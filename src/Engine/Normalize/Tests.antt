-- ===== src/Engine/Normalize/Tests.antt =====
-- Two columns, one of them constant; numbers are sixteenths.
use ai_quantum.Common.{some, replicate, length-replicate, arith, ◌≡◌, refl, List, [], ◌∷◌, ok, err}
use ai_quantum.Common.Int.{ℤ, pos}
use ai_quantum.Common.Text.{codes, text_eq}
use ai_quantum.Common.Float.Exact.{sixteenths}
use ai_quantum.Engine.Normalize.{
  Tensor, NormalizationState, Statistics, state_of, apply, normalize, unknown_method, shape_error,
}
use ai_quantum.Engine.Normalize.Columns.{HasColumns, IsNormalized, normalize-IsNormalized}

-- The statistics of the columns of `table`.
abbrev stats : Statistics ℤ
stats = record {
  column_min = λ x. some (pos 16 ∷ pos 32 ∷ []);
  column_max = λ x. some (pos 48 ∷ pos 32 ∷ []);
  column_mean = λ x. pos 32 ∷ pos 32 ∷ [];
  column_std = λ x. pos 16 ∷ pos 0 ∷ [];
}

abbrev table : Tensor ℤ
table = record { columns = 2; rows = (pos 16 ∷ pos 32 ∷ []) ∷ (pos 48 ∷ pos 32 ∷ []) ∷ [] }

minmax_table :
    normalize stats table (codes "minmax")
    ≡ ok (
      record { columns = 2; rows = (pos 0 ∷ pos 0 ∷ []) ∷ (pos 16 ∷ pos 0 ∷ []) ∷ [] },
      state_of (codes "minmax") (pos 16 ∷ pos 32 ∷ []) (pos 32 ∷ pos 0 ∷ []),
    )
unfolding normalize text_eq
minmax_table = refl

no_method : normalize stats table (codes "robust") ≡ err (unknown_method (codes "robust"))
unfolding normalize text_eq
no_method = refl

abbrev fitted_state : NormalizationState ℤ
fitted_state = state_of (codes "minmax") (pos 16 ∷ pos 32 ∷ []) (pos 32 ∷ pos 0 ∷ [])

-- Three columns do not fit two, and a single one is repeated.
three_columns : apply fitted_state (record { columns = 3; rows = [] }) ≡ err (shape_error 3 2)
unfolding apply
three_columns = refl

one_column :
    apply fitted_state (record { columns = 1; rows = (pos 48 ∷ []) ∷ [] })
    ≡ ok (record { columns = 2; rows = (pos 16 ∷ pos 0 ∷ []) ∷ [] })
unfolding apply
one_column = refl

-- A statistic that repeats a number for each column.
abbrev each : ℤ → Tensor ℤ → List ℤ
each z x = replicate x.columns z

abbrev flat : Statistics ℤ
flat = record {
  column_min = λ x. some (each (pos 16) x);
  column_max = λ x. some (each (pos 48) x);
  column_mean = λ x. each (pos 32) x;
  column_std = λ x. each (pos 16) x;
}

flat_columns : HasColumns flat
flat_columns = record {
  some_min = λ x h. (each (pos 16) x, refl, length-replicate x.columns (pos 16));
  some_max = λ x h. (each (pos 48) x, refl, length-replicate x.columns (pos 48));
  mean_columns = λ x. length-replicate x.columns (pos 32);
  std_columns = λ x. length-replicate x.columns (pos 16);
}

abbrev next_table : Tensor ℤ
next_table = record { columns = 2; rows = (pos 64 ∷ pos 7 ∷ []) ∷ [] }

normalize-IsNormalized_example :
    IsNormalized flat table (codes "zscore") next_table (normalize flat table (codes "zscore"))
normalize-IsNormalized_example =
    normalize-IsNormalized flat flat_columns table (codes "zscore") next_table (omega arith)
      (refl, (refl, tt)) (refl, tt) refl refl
...
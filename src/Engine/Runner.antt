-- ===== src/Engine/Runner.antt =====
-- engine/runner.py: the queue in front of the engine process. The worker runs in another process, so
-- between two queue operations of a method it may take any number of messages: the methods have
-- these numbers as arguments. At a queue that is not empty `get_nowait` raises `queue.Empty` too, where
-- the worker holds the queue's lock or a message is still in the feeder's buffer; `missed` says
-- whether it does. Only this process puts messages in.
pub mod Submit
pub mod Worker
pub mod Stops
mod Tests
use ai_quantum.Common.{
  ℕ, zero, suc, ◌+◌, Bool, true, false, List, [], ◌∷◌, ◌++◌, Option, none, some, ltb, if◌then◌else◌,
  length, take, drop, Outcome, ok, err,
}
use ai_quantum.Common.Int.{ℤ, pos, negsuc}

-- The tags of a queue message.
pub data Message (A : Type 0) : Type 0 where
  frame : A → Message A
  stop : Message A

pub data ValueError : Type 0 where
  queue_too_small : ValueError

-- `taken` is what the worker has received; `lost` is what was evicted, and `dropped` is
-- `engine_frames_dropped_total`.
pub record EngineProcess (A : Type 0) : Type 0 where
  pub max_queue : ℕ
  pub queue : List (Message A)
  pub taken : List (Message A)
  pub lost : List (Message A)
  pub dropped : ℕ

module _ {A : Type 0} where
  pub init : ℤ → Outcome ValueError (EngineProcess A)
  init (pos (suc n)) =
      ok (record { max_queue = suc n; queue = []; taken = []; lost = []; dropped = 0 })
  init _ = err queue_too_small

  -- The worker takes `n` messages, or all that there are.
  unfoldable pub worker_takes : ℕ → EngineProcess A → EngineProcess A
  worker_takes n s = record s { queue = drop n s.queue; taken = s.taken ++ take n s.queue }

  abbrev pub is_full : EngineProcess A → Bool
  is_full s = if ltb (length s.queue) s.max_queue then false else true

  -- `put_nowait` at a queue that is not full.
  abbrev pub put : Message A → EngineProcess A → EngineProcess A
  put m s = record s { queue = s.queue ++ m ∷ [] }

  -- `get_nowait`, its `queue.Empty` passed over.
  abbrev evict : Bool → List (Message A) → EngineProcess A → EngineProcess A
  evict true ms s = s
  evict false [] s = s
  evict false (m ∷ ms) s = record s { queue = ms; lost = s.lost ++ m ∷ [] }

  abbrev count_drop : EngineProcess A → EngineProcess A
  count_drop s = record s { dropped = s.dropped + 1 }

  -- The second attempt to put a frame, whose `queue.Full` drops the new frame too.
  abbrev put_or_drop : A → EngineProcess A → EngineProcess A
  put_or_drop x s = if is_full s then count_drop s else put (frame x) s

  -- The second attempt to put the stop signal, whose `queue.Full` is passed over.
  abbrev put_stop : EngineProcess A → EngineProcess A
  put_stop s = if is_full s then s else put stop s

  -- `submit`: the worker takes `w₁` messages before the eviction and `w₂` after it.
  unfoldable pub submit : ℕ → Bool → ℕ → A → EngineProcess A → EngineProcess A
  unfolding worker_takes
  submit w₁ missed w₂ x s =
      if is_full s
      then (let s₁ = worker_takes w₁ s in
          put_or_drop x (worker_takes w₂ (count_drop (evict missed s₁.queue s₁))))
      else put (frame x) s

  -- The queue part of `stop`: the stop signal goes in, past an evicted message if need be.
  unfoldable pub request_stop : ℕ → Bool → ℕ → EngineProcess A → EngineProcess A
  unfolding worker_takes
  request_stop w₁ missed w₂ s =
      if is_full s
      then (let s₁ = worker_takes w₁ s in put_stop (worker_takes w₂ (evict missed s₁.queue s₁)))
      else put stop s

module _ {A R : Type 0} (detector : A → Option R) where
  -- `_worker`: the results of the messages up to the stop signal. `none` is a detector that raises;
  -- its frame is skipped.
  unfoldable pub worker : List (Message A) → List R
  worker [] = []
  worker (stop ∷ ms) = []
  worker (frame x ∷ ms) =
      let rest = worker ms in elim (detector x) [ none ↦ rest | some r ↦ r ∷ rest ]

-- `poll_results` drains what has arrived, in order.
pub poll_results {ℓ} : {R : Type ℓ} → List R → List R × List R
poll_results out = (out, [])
==
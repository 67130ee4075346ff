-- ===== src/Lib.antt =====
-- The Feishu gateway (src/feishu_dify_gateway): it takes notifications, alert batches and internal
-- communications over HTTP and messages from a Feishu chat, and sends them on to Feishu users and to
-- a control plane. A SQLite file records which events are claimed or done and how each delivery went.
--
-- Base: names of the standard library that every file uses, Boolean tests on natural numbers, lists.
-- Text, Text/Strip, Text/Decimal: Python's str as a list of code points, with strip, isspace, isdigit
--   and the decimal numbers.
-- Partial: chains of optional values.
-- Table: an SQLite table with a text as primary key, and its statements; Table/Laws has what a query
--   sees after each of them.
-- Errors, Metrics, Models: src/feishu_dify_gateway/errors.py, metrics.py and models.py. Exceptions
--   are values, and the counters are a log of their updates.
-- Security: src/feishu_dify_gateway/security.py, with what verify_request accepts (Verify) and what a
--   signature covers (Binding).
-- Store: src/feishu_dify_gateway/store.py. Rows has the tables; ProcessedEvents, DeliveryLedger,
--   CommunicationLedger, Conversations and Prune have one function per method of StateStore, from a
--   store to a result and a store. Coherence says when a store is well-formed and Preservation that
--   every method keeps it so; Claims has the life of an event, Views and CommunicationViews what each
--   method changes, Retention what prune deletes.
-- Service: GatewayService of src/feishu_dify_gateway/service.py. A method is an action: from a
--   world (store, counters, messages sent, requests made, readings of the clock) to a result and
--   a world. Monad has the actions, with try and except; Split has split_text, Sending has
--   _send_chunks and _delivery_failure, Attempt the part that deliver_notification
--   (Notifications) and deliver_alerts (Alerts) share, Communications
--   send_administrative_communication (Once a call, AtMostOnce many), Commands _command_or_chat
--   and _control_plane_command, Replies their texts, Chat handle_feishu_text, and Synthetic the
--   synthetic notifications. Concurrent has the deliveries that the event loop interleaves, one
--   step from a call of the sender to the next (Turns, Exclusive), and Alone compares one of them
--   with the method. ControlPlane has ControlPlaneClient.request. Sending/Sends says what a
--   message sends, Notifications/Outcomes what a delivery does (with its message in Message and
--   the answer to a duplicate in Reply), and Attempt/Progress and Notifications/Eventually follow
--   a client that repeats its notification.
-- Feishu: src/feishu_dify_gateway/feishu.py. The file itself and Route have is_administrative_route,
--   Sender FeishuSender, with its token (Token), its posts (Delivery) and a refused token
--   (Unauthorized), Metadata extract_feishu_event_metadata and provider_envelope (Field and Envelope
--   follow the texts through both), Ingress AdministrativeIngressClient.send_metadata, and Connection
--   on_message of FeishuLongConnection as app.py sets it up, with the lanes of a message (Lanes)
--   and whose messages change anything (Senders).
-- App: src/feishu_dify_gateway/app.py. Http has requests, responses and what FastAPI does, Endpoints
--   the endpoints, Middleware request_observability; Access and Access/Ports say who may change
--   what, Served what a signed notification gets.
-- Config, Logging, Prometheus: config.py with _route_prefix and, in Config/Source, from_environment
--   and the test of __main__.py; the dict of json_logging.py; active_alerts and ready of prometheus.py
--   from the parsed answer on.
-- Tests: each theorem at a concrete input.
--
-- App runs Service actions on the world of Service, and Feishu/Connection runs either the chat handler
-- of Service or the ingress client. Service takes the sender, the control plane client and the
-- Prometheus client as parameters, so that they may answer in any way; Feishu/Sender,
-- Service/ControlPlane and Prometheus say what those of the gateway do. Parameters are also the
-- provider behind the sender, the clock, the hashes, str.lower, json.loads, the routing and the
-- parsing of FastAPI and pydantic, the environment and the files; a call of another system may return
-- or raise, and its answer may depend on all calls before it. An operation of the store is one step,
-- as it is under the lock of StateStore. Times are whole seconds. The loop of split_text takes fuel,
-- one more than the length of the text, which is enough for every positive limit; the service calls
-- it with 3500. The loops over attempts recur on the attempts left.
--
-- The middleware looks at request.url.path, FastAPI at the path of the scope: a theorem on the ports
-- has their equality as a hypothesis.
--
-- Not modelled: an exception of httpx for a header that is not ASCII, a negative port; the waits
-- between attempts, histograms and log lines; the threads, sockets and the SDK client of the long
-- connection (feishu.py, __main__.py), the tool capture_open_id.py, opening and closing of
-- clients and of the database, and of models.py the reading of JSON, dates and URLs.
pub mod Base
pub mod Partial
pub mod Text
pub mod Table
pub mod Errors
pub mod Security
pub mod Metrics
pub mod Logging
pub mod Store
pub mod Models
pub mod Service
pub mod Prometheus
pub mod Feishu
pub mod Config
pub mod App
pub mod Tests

▶ [Your goal] Search the listing above for the lines with "-- A statistic" and "(refl, (refl, tt)) (refl, tt) refl refl", then output those lines and all lines between them exactly.

▶ [Answer for this exercise]
-- A statistic that repeats a number for each column.
abbrev each : ℤ → Tensor ℤ → List ℤ
each z x = replicate x.columns z

abbrev flat : Statistics ℤ
flat = record {
  column_min = λ x. some (each (pos 16) x);
  column_max = λ x. some (each (pos 48) x);
  column_mean = λ x. each (pos 32) x;
  column_std = λ x. each (pos 16) x;
}

flat_columns : HasColumns flat
flat_columns = record {
  some_min = λ x h. (each (pos 16) x, refl, length-replicate x.columns (pos 16));
  some_max = λ x h. (each (pos 48) x, refl, length-replicate x.columns (pos 48));
  mean_columns = λ x. length-replicate x.columns (pos 32);
  std_columns = λ x. length-replicate x.columns (pos 16);
}

abbrev next_table : Tensor ℤ
next_table = record { columns = 2; rows = (pos 64 ∷ pos 7 ∷ []) ∷ [] }

normalize-IsNormalized_example :
    IsNormalized flat table (codes "zscore") next_table (normalize flat table (codes "zscore"))
normalize-IsNormalized_example =
    normalize-IsNormalized flat flat_columns table (codes "zscore") next_table (omega arith)
      (refl, (refl, tt)) (refl, tt) refl refl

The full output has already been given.